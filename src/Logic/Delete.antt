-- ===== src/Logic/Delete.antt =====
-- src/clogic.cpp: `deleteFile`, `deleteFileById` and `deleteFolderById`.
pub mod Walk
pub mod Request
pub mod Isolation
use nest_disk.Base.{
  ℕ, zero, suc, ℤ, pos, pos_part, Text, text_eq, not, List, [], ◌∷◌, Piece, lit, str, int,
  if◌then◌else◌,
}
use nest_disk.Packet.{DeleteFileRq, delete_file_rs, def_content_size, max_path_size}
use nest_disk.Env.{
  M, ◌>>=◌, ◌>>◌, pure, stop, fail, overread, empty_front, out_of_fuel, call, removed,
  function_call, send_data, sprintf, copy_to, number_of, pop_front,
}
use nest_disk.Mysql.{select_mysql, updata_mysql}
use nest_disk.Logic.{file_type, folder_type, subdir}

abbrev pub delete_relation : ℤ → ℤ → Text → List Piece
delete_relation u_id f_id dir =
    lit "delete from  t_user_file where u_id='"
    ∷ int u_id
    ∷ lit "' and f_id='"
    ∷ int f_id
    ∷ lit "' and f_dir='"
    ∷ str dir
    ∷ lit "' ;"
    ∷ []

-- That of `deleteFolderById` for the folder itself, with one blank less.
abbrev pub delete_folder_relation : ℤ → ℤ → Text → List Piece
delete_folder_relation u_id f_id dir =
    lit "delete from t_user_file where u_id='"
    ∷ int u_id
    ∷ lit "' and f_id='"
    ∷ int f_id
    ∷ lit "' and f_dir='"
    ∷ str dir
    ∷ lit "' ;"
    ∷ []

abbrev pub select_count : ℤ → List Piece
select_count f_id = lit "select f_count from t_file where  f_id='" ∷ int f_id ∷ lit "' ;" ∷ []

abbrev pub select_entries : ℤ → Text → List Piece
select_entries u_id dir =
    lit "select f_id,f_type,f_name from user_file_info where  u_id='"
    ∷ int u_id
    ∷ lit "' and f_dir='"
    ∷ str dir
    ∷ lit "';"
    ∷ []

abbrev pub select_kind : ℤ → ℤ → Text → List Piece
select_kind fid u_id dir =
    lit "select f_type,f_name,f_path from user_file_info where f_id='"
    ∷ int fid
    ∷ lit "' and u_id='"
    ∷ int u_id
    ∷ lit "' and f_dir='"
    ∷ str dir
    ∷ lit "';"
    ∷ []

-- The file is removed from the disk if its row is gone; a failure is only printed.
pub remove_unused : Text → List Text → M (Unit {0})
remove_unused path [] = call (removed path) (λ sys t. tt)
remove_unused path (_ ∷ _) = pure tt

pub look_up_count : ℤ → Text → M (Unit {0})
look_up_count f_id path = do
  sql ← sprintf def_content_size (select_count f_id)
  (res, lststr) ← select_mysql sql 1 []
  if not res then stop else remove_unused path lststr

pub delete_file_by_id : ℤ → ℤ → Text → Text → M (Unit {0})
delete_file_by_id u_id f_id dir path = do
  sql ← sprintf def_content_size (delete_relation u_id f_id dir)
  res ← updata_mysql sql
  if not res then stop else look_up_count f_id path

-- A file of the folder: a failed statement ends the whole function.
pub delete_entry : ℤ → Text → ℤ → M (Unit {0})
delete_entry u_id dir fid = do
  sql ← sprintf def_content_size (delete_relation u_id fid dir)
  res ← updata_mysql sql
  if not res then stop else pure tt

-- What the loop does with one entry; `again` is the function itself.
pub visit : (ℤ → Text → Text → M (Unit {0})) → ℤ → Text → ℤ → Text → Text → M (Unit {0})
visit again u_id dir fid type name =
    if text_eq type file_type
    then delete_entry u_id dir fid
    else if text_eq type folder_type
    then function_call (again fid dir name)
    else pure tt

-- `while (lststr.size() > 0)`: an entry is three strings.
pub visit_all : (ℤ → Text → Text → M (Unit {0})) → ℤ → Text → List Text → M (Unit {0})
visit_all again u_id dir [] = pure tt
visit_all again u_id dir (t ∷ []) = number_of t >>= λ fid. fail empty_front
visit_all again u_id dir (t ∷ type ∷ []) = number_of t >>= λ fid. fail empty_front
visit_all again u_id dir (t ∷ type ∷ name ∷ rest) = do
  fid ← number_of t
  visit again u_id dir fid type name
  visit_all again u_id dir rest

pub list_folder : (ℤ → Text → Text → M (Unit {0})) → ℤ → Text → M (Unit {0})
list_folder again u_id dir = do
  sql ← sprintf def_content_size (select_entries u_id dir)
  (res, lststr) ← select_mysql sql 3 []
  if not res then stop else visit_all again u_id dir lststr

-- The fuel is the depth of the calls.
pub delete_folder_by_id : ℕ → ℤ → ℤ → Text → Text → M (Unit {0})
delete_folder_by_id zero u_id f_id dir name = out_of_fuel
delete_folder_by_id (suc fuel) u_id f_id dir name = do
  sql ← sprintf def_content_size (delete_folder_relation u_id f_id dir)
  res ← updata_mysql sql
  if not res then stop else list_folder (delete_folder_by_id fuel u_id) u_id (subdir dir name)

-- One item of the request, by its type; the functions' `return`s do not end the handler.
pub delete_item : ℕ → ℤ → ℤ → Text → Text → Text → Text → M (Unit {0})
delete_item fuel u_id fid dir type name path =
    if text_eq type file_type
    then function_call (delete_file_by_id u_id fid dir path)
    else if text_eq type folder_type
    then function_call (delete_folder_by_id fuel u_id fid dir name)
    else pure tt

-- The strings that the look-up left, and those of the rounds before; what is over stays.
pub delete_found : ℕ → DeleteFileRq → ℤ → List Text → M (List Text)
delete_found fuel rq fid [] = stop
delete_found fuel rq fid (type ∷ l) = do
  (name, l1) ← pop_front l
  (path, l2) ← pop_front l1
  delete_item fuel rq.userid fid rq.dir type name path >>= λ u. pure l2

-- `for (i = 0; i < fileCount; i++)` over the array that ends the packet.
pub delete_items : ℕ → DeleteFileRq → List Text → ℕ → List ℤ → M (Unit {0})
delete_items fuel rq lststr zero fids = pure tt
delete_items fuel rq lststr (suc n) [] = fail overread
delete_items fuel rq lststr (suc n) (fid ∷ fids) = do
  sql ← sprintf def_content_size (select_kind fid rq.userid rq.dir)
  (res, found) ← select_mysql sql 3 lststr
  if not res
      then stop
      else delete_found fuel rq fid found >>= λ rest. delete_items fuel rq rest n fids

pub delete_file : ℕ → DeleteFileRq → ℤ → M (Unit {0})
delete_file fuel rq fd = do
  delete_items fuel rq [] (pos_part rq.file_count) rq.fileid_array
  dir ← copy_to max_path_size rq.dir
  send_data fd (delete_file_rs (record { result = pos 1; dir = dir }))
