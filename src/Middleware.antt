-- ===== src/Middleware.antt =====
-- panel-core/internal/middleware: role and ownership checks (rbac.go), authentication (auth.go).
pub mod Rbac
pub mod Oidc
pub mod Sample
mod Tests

--------------------

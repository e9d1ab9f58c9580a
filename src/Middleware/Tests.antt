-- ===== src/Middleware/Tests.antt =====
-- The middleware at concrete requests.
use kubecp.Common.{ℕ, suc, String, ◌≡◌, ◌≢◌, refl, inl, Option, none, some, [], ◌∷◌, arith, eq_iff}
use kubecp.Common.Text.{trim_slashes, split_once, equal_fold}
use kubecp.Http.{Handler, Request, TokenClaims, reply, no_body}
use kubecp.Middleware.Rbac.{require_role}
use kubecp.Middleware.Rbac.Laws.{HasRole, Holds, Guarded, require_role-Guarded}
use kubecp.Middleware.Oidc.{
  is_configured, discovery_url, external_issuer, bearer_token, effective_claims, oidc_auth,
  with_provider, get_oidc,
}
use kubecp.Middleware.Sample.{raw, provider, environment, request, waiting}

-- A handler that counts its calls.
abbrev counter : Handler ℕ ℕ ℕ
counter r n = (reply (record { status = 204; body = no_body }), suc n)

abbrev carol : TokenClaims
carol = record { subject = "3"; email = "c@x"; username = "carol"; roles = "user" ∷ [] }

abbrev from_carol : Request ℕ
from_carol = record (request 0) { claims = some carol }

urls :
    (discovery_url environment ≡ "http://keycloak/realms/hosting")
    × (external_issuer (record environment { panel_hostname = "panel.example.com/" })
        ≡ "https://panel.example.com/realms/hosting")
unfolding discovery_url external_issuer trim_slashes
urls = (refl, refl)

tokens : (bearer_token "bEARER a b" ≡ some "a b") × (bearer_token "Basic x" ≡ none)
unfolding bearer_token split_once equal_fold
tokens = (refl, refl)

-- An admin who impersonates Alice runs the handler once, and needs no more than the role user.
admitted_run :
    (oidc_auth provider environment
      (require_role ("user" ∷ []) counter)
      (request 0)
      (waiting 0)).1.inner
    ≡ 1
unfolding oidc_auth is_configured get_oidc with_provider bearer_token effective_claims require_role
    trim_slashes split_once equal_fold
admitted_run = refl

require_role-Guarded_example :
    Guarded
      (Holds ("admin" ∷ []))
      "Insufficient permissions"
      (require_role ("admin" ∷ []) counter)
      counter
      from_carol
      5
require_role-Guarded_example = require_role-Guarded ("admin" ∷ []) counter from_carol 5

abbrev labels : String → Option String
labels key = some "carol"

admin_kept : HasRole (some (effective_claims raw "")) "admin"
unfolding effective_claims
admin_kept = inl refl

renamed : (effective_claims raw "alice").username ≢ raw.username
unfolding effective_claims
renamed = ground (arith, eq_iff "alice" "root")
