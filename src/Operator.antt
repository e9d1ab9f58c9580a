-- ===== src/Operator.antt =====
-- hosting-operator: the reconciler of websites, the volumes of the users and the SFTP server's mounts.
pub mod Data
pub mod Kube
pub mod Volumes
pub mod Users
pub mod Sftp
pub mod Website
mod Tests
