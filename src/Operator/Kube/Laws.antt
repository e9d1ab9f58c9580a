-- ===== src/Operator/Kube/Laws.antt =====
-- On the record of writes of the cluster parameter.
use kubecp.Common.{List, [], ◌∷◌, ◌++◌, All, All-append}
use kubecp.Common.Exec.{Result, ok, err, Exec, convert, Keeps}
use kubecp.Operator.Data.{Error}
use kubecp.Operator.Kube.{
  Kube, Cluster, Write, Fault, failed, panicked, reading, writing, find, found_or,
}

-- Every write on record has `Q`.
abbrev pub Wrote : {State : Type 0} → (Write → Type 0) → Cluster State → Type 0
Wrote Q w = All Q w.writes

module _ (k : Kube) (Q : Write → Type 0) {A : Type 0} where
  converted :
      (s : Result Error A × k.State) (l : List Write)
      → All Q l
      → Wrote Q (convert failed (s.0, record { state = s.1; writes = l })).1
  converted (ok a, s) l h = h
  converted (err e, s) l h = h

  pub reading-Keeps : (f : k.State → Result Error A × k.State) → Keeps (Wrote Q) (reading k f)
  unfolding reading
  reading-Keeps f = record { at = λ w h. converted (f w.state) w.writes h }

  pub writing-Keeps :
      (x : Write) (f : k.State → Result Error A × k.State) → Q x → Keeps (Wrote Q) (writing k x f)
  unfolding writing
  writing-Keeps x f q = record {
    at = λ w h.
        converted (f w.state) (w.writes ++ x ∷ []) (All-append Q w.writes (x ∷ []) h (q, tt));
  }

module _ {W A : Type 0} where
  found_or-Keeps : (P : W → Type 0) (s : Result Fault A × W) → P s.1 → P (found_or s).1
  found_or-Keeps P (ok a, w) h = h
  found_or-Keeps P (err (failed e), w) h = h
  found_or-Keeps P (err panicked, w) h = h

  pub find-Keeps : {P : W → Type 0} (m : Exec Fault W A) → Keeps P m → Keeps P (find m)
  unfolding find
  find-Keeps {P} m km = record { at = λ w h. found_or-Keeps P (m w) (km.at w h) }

--------------------

*EXERCISE OBJECTIVE:*
Take every line from the data that contains the word "strings".

*FINISHED EXERCISE:*
-- `while (lststr.size() > 0)`: an entry is three strings.
-- The strings that the look-up left, and those of the rounds before; what is over stays.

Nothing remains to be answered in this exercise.